■ Task input
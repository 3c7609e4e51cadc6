-- ===== src/Regrw/Wake.antt =====
-- What the invariant of the count gives: a register that sleeps is read while the hardware is awake;
-- where the invariant begins, and how a put too many ends it.
use mathlib.Core.List.{append_assoc}
use nugpgpu.Prelude.{
  ℕ, ◌+◌, ◌-◌, ◌%◌, ◌^◌, ◌≡◌, ◌∙◌, refl, ap, sym, true, false, List, [], ◌∷◌, ◌++◌, arith, ◌==◌,
  ltb, some, Bool-cases, inl, inr,
}
use nugpgpu.Platform.{Width, w8, w16, w32, w64, Platform}
use nugpgpu.Machine.{State, Event, rd, acquire, release}
use nugpgpu.Machine.Log.{held, effects, lock_state}
use nugpgpu.Regrw.{
  needs_forcewake, gpu_forcewake_put, gpu_read, nugpgpu_regrw_init, nugpgpu_uncore_early_sanitize,
}
use nugpgpu.Regrw.Access.{
  locked, read_events, counted_down, before_read, before_read-Touches, gpu_read-value, gpu_read-log,
  gpu_read-Touches,
}
use nugpgpu.Regrw.Holds.{gpu_forcewake_put-Touches}
use nugpgpu.Regrw.Power.{IsPowered, awake_wake, is_awake, is_awake-Touches}

module _ {W : Type 0} ⦃p : Platform W⦄ where
  pub awake-before_read :
      (reg : ℕ) (s : State W)
      → needs_forcewake (reg % 2 ^ 32) ≡ true
      → is_awake s ≡ ltb 0 s.forcewake_count
      → is_awake (before_read reg s) ≡ true
  awake-before_read reg s needs counted =
      is_awake-Touches _ (before_read reg s) (before_read-Touches reg s)
      ∙ rw needs (elim (Bool-cases (s.forcewake_count == 0)) [
        | inl e ↦ rw e (awake_wake s.regs (acquire ∷ s.log))
        | inr e ↦ rw e (counted ∙ ground arith)
      ])

  -- If the hardware is awake exactly while the count is above zero and the lock is free, then
  -- `gpu_read` of a register that sleeps reads it in a state `t` in which the hardware is awake and
  -- the lock is held. The log of `t` extends the earlier one, the value returned is the one read
  -- in `t`, and the log of the end extends that of `t` by this read and what follows it.
  pub gpu_read-awake :
      (w : Width) (reg : ℕ) (s : State W)
      → needs_forcewake (reg % 2 ^ 32) ≡ true
      → IsPowered s
      → (t : State W) × (is_awake t ≡ true)
        × (lock_state t.log ≡ held)
        × ((new : List Event) × (t.log ≡ new ++ s.log))
        × ((gpu_read w reg s).0 ≡ (p.read w (s.regs + reg) t.world).0)
        × ((after : List Event) × ((gpu_read w reg s).1.log
              ≡ after ++ (rd w (s.regs + reg) (gpu_read w reg s).0 ∷ t.log)))
  gpu_read-awake w reg s needs v =
      let h = before_read-Touches reg s in
      (
        before_read reg s,
        awake-before_read reg s needs v.counted,
        h.lock (rw (v.unlocked)),
        (h.new ++ (acquire ∷ []), h.grows ∙ sym (append_assoc h.new (acquire ∷ []) s.log)),
        gpu_read-value w reg s
            ∙ ap (λ (r : ℕ). (p.read w (r + reg) (before_read reg s).world).0) h.regs,
        gpu_read-log w reg s,
      )

  -- `nugpgpu_regrw_init` on a zeroed count leaves the hardware asleep, the lock free and every
  -- pointer of `mmio_funcs` at the accessor of its own width.
  pub nugpgpu_regrw_init-IsPowered :
      (s : State W)
      → s.forcewake_count ≡ 0
      → let t = (nugpgpu_regrw_init s).1 in
        IsPowered t
        × (t.forcewake_count ≡ 0)
        × (t.mmio_funcs ≡ record {
          mmio_readb = some w8;
          mmio_readw = some w16;
          mmio_readl = some w32;
          mmio_readq = some w64;
          mmio_writeb = some w8;
          mmio_writew = some w16;
          mmio_writel = some w32;
          mmio_writeq = some w64;
        })
  unfolding nugpgpu_regrw_init nugpgpu_uncore_early_sanitize
  nugpgpu_regrw_init-IsPowered s e =
      (record { counted = ground arith; unlocked = refl; small = omega arith }, e, refl)

  -- `gpu_forcewake_put` with nobody holding the hardware takes the count to 2 ^ 32 - 1 while the
  -- hardware sleeps, and `gpu_read` then has no effect but to take the lock and give it back: it
  -- does not wake the hardware, whatever the register.
  pub gpu_forcewake_put-underflow :
      (s : State W) (w : Width) (reg : ℕ)
      → IsPowered s
      → s.forcewake_count ≡ 0
      → let t = (gpu_forcewake_put s).1 in
        (t.forcewake_count ≡ 2 ^ 32 - 1)
        × (is_awake t ≡ false)
        × (effects (gpu_read w reg t).1.log ≡ release ∷ acquire ∷ effects t.log)
  gpu_forcewake_put-underflow s w reg v e =
      let (error, h) = gpu_forcewake_put-Touches s in
      let t = (gpu_forcewake_put s).1 in
      let count : t.forcewake_count ≡ 2 ^ 32 - 1 = h.forcewake_count ∙ ap counted_down e in
      let nonzero_count : (counted_down s.forcewake_count == 0) ≡ false =
        ap (λ (n : ℕ). counted_down n == 0) e in
      let (err, r) = gpu_read-Touches w reg t in
      (
        count,
        is_awake-Touches _ _ h ∙ rw nonzero_count (v.counted ∙ ground arith),
        r.log
            ∙ ap (λ (n : ℕ). locked (read_events t.regs n (reg % 2 ^ 32) err) ++ effects t.log)
                count,
      )
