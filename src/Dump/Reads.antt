-- ===== src/Dump/Reads.antt =====
-- `nugpgpu_dump` of nugpgpu_dbg.c: the registers that it reads, and what it leaves.
use mathlib.Core.List.{append_assoc}
use nugpgpu.Prelude.{
  ℕ, ◌+◌, ◌%◌, ◌^◌, ◌<◌, ◌≡◌, ◌∙◌, refl, sym, ap, true, not, ◌||◌, List, [], ◌∷◌, ◌++◌, Bool-cases,
  inl, inr, arith,
}
use mathlib.Core.Path.{subst}
use nugpgpu.Platform.{Platform, w32}
use nugpgpu.Machine.{State, Event, rd, acquire}
use nugpgpu.Machine.Log.{held, lock_state, awake}
use nugpgpu.Regrw.{needs_forcewake, forcewake_mt, gpu_read}
use nugpgpu.Regrw.Access.{before_read, before_read-Touches, gpu_read-log, gpu_read-Touches}
use nugpgpu.Regrw.Power.{IsPowered, gpu_read-IsPowered}
use nugpgpu.Regrw.Wake.{awake-before_read}
use nugpgpu.Dump.{
  read_all, nugpgpu_dump, my915_pcie_dump, my915_mmio_dump, pcie_registers, mmio_registers,
}

-- From the log `l` on, to the log `m`, the registers were read in their order, each with the lock held
-- and, if it is one that sleeps, with the hardware awake.
abbrev pub ReadsInTurn : List ℕ → ℕ → List Event → List Event → Type 0
ReadsInTurn [] regs l m = m ≡ l
ReadsInTurn (reg ∷ rest) regs l m =
    (new after : List Event) × (v : ℕ) × (lock_state (new ++ l) ≡ held)
    × ((not (needs_forcewake reg) || awake (regs + forcewake_mt) (new ++ l)) ≡ true)
    × ReadsInTurn rest regs (after ++ (rd w32 (regs + reg) v ∷ (new ++ l))) m

-- The registers are offsets of 32 bits.
abbrev pub AreShort : List ℕ → Type 0
AreShort [] = Unit {0}
AreShort (reg ∷ rest) = (reg < 2 ^ 32) × AreShort rest

ReadsInTurn-append :
    (x y : List ℕ) (regs : ℕ) (l m n : List Event)
    → ReadsInTurn x regs l m
    → ReadsInTurn y regs m n
    → ReadsInTurn (x ++ y) regs l n
ReadsInTurn-append [] y regs l m n e h = subst (λ k. ReadsInTurn y regs k n) e h
ReadsInTurn-append (reg ∷ x) y regs l m n (new, after, v, lock, up, rest) h =
    (new, after, v, lock, up, ReadsInTurn-append x y regs _ m n rest h)

module _ {W : Type 0} ⦃p : Platform W⦄ where
  -- What a run of reads leaves of the state.
  abbrev Leaves : State W → State W → Type 0
  Leaves s t =
      IsPowered t
      × (t.forcewake_count ≡ s.forcewake_count)
      × (t.regs ≡ s.regs)
      × (t.gtt ≡ s.gtt)
      × (t.gtt_entry ≡ s.gtt_entry)
      × (t.ring ≡ s.ring)

  awake_if_needed :
      (reg : ℕ) (s : State W)
      → reg < 2 ^ 32
      → IsPowered s
      → (not (needs_forcewake reg) || awake (s.regs + forcewake_mt) (before_read reg s).log) ≡ true
  awake_if_needed reg s short v = elim (Bool-cases (needs_forcewake reg)) [
    | inl e ↦
        let same : reg % 2 ^ 32 ≡ reg = omega arith in
        let up = awake-before_read reg s (ap needs_forcewake same ∙ e) v.counted in
        rw e (
          ap (λ r. awake (r + forcewake_mt) (before_read reg s).log)
            (sym (before_read-Touches reg s).regs)
          ∙ up)
    | inr e ↦ rw e refl
  ]

  read_all-ReadsInTurn :
      (registers : List ℕ) (s : State W)
      → AreShort registers
      → IsPowered s
      → let t = (read_all registers s).1 in ReadsInTurn registers s.regs s.log t.log × Leaves s t
  unfolding read_all
  read_all-ReadsInTurn [] s short v = (refl, (v, refl, refl, refl, refl, refl))
  read_all-ReadsInTurn (reg ∷ rest) s (low, short) v =
      let u = (gpu_read w32 reg s).1 in
      let h = before_read-Touches reg s in
      let new = h.new ++ (acquire ∷ []) in
      let grows : (before_read reg s).log ≡ new ++ s.log =
        h.grows ∙ sym (append_assoc h.new (acquire ∷ []) s.log) in
      let (after, log) = gpu_read-log w32 reg s in
      let (error, touched) = gpu_read-Touches w32 reg s in
      let (reads, (v', count, regs, gtt, cursor, ring)) =
        read_all-ReadsInTurn rest u short (gpu_read-IsPowered w32 reg s v) in
      (
        (
          new,
          after,
          (gpu_read w32 reg s).0,
          ap lock_state (sym grows) ∙ h.lock (rw (v.unlocked)),
          ap (λ l. not (needs_forcewake reg) || awake (s.regs + forcewake_mt) l) (sym grows)
              ∙ awake_if_needed reg s low v,
          subst (λ l. ReadsInTurn rest s.regs l (read_all rest u).1.log)
              (log ∙ ap (λ l. after ++ (rd w32 (s.regs + reg) (gpu_read w32 reg s).0 ∷ l)) grows)
              (subst (λ r. ReadsInTurn rest r u.log (read_all rest u).1.log) touched.regs reads),
        ),
        (
          v',
          count ∙ touched.forcewake_count,
          regs ∙ touched.regs,
          gtt ∙ touched.gtt,
          cursor ∙ touched.gtt_entry,
          ring ∙ touched.ring,
        ),
      )

  -- From a state in which the hardware is awake exactly while the count is above zero and the lock
  -- is free, `nugpgpu_dump` reads the registers that it prints in their order, each with the lock held
  -- and, if it sleeps, with the hardware awake. It leaves such a state, with the same count, page
  -- table and ring, and with `debug` on.
  pub nugpgpu_dump-reads :
      (s : State W)
      → IsPowered s
      → let t = (nugpgpu_dump s).1 in
        ReadsInTurn (pcie_registers ++ mmio_registers) s.regs s.log t.log
        × IsPowered t
        × (t.forcewake_count ≡ s.forcewake_count)
        × (t.gtt ≡ s.gtt)
        × (t.gtt_entry ≡ s.gtt_entry)
        × (t.ring ≡ s.ring)
        × (t.debug ≡ 1)
  unfolding nugpgpu_dump my915_pcie_dump my915_mmio_dump
  nugpgpu_dump-reads s v =
      let q : State W = record s { debug = 0 } in
      let at_q : IsPowered q = record {
        counted = v.counted;
        unlocked = v.unlocked;
        small = v.small;
      } in
      let (first, (v', count, regs, gtt, cursor, ring)) =
        read_all-ReadsInTurn pcie_registers q (omega arith) at_q in
      let t = (read_all pcie_registers q).1 in
      let (second, (v'', count', regs', gtt', cursor', ring')) =
        read_all-ReadsInTurn mmio_registers t (omega arith) v' in
      let u = (read_all mmio_registers t).1 in
      (
        ReadsInTurn-append pcie_registers mmio_registers s.regs s.log t.log u.log first
            (subst (λ r. ReadsInTurn mmio_registers r t.log u.log) regs second),
        record { counted = v''.counted; unlocked = v''.unlocked; small = v''.small },
        count' ∙ count,
        gtt' ∙ gtt,
        cursor' ∙ cursor,
        ring' ∙ ring,
        refl,
      )
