-- ===== src/Execbuffer.antt =====
-- nugpgpu_execbuffer.c and nugpgpu_execbuffer.h, whose functions announce themselves and succeed.
use nugpgpu.Prelude.{ℕ}
use nugpgpu.Machine.{M, ◌>>◌, pure, trace_in, trace_out}

module _ {W : Type 0} where
  abbrev pub nugpgpu_execbuffer_init : M W ℕ
  nugpgpu_execbuffer_init = do trace_in; trace_out; pure 0

  abbrev pub nugpgpu_execbuffer_exec : ℕ → M W ℕ
  nugpgpu_execbuffer_exec ring_id = do trace_in; trace_out; pure 0
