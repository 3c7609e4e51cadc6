-- ===== src/Files.antt =====
-- nugpgpu_fileops.c and nugpgpu_fileops.h: files of the host, read and written from the kernel. The
-- state is the address limit of the thread, which get_fs and set_fs read and set.
pub mod Names
pub mod Limit
use nugpgpu.Prelude.{
  ℕ, zero, suc, ◌+◌, ◌/◌, ◌%◌, ◌^◌, Bool, List, [], ◌∷◌, ◌++◌, if◌then◌else◌, ◌==◌, bit_or,
}

-- The calls of the kernel, each with the address limit under which it is made.
pub data FileEvent : Type 0 where
  filp_opened : ℕ → List ℕ → ℕ → ℕ → FileEvent
  filp_closed : ℕ → ℕ → FileEvent
  vfs_was_read : ℕ → ℕ → ℕ → ℕ → ℕ → FileEvent
  vfs_was_written : ℕ → ℕ → ℕ → ℕ → ℕ → FileEvent
  vfs_fsynced : ℕ → ℕ → ℕ → FileEvent
  page_mapped : ℕ → FileEvent

pub record Thread (W : Type 0) : Type 0 where
  pub addr_limit : ℕ
  pub world : W
  pub log : List FileEvent

-- What nugpgpu_fileops.c takes from the kernel. The calls see the address limit; vfs_read and
-- vfs_write give a `ssize_t` by its bit pattern.
pub record Files (W : Type 0) : Type 0 where
  pub get_ds : ℕ
  pub filp_open : ℕ → List ℕ → ℕ → ℕ → W → ℕ × W
  pub filp_close : ℕ → ℕ → W → W
  pub vfs_read : ℕ → ℕ → ℕ → ℕ → ℕ → W → ℕ × W
  pub vfs_write : ℕ → ℕ → ℕ → ℕ → ℕ → W → ℕ × W
  pub vfs_fsync : ℕ → ℕ → ℕ → W → W
  pub kmap : ℕ → W → ℕ × W
  pub is_err : ℕ → Bool

abbrev pub page_size : ℕ
page_size = 4096

-- O_CREAT | O_RDWR | O_TRUNC
abbrev pub dump_flags : ℕ
dump_flags = bit_or (bit_or 0x40 0x2) 0x200

abbrev pub set_fs : {W : Type 0} → ℕ → Thread W → Thread W
set_fs limit t = record t { addr_limit = limit }

-- The decimal digits of `sprintf` for "%u", the last first, before those of `out`.
pub digits : ℕ → ℕ → List ℕ → List ℕ
digits zero n out = out
digits (suc fuel) n out =
    let rest = digits fuel (n / 10) ((b'0' + n % 10) ∷ out) in if n == 0 then out else rest

-- An `unsigned` has ten digits at most.
pub sprintf_u : ℕ → List ℕ
sprintf_u n = if n == 0 then b'0' ∷ [] else digits 10 n []

abbrev pub dump_file_name : List ℕ
dump_file_name = b'/' ∷ b't' ∷ b'm' ∷ b'p' ∷ b'/' ∷ b'p' ∷ b'a' ∷ b'g' ∷ b'e' ∷ b'_' ∷ []

-- `file_name` of file_dump_page, without the zero at its end
pub page_file_name : ℕ → List ℕ
page_file_name offset = dump_file_name ++ sprintf_u offset

module _ {W : Type 0} ⦃f : Files W⦄ where
  -- Under the limit of the thread, the call `op` and its event.
  abbrev pub request : (ℕ → W → ℕ × W) → (ℕ → FileEvent) → Thread W → ℕ × Thread W
  request op event t =
      let r = op t.addr_limit t.world in
      (r.0, record t { world = r.1; log = event t.addr_limit ∷ t.log })

  pub file_open : List ℕ → ℕ → ℕ → Thread W → ℕ × Thread W
  file_open path flags rights t =
      let oldfs = t.addr_limit in
      let (filp, u) =
        request (λ l. f.filp_open l path flags rights) (λ l. filp_opened l path flags rights)
          (set_fs f.get_ds t) in
      (if f.is_err filp then 0 else filp, set_fs oldfs u)

  pub file_close : ℕ → Thread W → Thread W
  file_close file t = (request (λ l w. (0, f.filp_close l file w)) (λ l. filp_closed l file) t).1

  pub file_read : ℕ → ℕ → ℕ → ℕ → Thread W → ℕ × Thread W
  file_read file offset buf size t =
      let oldfs = t.addr_limit in
      let (ret, u) =
        request (λ l. f.vfs_read l file buf size offset) (λ l. vfs_was_read l file buf size offset)
          (set_fs f.get_ds t) in
      (ret % 2 ^ 32, set_fs oldfs u)

  pub file_write : ℕ → ℕ → ℕ → ℕ → Thread W → ℕ × Thread W
  file_write file offset buf size t =
      let oldfs = t.addr_limit in
      let (ret, u) =
        request (λ l. f.vfs_write l file buf size offset)
          (λ l. vfs_was_written l file buf size offset) (set_fs f.get_ds t) in
      (ret % 2 ^ 32, set_fs oldfs u)

  pub file_sync : ℕ → Thread W → ℕ × Thread W
  file_sync file t =
      (0, (request (λ l w. (0, f.vfs_fsync l file 0 w)) (λ l. vfs_fsynced l file 0) t).1)

  pub file_dump_ptr : ℕ → List ℕ → ℕ → Thread W → Thread W
  file_dump_ptr ptr file_name size t =
      let (flip, a) = file_open file_name dump_flags 0 t in
      let b = (file_write flip 0 ptr size a).1 in file_close flip (file_sync flip b).1

  pub file_dump_page : ℕ → ℕ → Thread W → Thread W
  file_dump_page page offset t =
      let file_name = page_file_name offset in
      let (ptr, a) = request (λ l. f.kmap page) (λ l. page_mapped page) t in
      file_dump_ptr ptr file_name page_size a
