-- ===== src/Files/Limit.antt =====
-- nugpgpu_fileops.c: under which address limit the kernel is called.
use nugpgpu.Prelude.{ℕ, ◌≡◌, refl, List, [], ◌∷◌, ◌++◌}
use nugpgpu.Files.{
  FileEvent, filp_opened, filp_closed, vfs_was_read, vfs_was_written, vfs_fsynced, page_mapped,
  Thread, Files, file_open, file_close, file_read, file_write, file_sync, file_dump_ptr,
  file_dump_page,
}

-- A call that takes addresses of the kernel is made under the limit `ds`, any other under `limit`.
abbrev pub IsLimited : ℕ → ℕ → FileEvent → Type 0
IsLimited ds limit (filp_opened l path flags rights) = l ≡ ds
IsLimited ds limit (filp_closed l file) = l ≡ limit
IsLimited ds limit (vfs_was_read l file buf size offset) = l ≡ ds
IsLimited ds limit (vfs_was_written l file buf size offset) = l ≡ ds
IsLimited ds limit (vfs_fsynced l file sync) = l ≡ limit
IsLimited ds limit (page_mapped page) = Unit {0}

abbrev pub AllLimited : ℕ → ℕ → List FileEvent → Type 0
AllLimited ds limit [] = Unit {0}
AllLimited ds limit (e ∷ l) = IsLimited ds limit e × AllLimited ds limit l

module _ {W : Type 0} ⦃f : Files W⦄ where
  -- From `t` to `u` the limit is restored, and each call was made under the right one.
  abbrev pub Guarded : Thread W → Thread W → Type 0
  Guarded t u =
      (u.addr_limit ≡ t.addr_limit)
      × ((new : List FileEvent) × (u.log ≡ new ++ t.log) × AllLimited f.get_ds t.addr_limit new)

  -- Every function of nugpgpu_fileops.c leaves the address limit of the thread as it found it,
  -- whether or not the file could be opened, and calls filp_open, vfs_read and vfs_write under the
  -- kernel's limit and filp_close and vfs_fsync under the thread's own.
  pub file_ops-Guarded :
      (t : Thread W) (path : List ℕ) (flags rights file offset buf size page : ℕ)
      → Guarded t (file_open path flags rights t).1
        × Guarded t (file_close file t)
        × Guarded t (file_read file offset buf size t).1
        × Guarded t (file_write file offset buf size t).1
        × Guarded t (file_sync file t).1
        × Guarded t (file_dump_ptr buf path size t)
        × Guarded t (file_dump_page page offset t)
  unfolding file_open file_close file_read file_write file_sync file_dump_ptr file_dump_page
  file_ops-Guarded t path flags rights file offset buf size page = (
    (refl, (_ ∷ [], refl, (refl, tt))),
    (refl, (_ ∷ [], refl, (refl, tt))),
    (refl, (_ ∷ [], refl, (refl, tt))),
    (refl, (_ ∷ [], refl, (refl, tt))),
    (refl, (_ ∷ [], refl, (refl, tt))),
    (refl, (_ ∷ _ ∷ _ ∷ _ ∷ [], refl, (refl, (refl, (refl, (refl, tt)))))),
    (refl, (_ ∷ _ ∷ _ ∷ _ ∷ _ ∷ [], refl, (refl, (refl, (refl, (refl, (tt, tt))))))),
  )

■ To do
Copy the lines above exactly, beginning at the line that has "pub digits : ℕ → ℕ → List ℕ → List ℕ" and stopping after the line that has "request (λ l. f.vfs_write", and omit the rest.

■ Task response
pub digits : ℕ → ℕ → List ℕ → List ℕ
digits zero n out = out
digits (suc fuel) n out =
    let rest = digits fuel (n / 10) ((b'0' + n % 10) ∷ out) in if n == 0 then out else rest

-- An `unsigned` has ten digits at most.
pub sprintf_u : ℕ → List ℕ
sprintf_u n = if n == 0 then b'0' ∷ [] else digits 10 n []

abbrev pub dump_file_name : List ℕ
dump_file_name = b'/' ∷ b't' ∷ b'm' ∷ b'p' ∷ b'/' ∷ b'p' ∷ b'a' ∷ b'g' ∷ b'e' ∷ b'_' ∷ []

-- `file_name` of file_dump_page, without the zero at its end
pub page_file_name : ℕ → List ℕ
page_file_name offset = dump_file_name ++ sprintf_u offset

module _ {W : Type 0} ⦃f : Files W⦄ where
  -- Under the limit of the thread, the call `op` and its event.
  abbrev pub request : (ℕ → W → ℕ × W) → (ℕ → FileEvent) → Thread W → ℕ × Thread W
  request op event t =
      let r = op t.addr_limit t.world in
      (r.0, record t { world = r.1; log = event t.addr_limit ∷ t.log })

  pub file_open : List ℕ → ℕ → ℕ → Thread W → ℕ × Thread W
  file_open path flags rights t =
      let oldfs = t.addr_limit in
      let (filp, u) =
        request (λ l. f.filp_open l path flags rights) (λ l. filp_opened l path flags rights)
          (set_fs f.get_ds t) in
      (if f.is_err filp then 0 else filp, set_fs oldfs u)

  pub file_close : ℕ → Thread W → Thread W
  file_close file t = (request (λ l w. (0, f.filp_close l file w)) (λ l. filp_closed l file) t).1

  pub file_read : ℕ → ℕ → ℕ → ℕ → Thread W → ℕ × Thread W
  file_read file offset buf size t =
      let oldfs = t.addr_limit in
      let (ret, u) =
        request (λ l. f.vfs_read l file buf size offset) (λ l. vfs_was_read l file buf size offset)
          (set_fs f.get_ds t) in
      (ret % 2 ^ 32, set_fs oldfs u)

  pub file_write : ℕ → ℕ → ℕ → ℕ → Thread W → ℕ × Thread W
  file_write file offset buf size t =
      let oldfs = t.addr_limit in
      let (ret, u) =
        request (λ l. f.vfs_write l file buf size offset)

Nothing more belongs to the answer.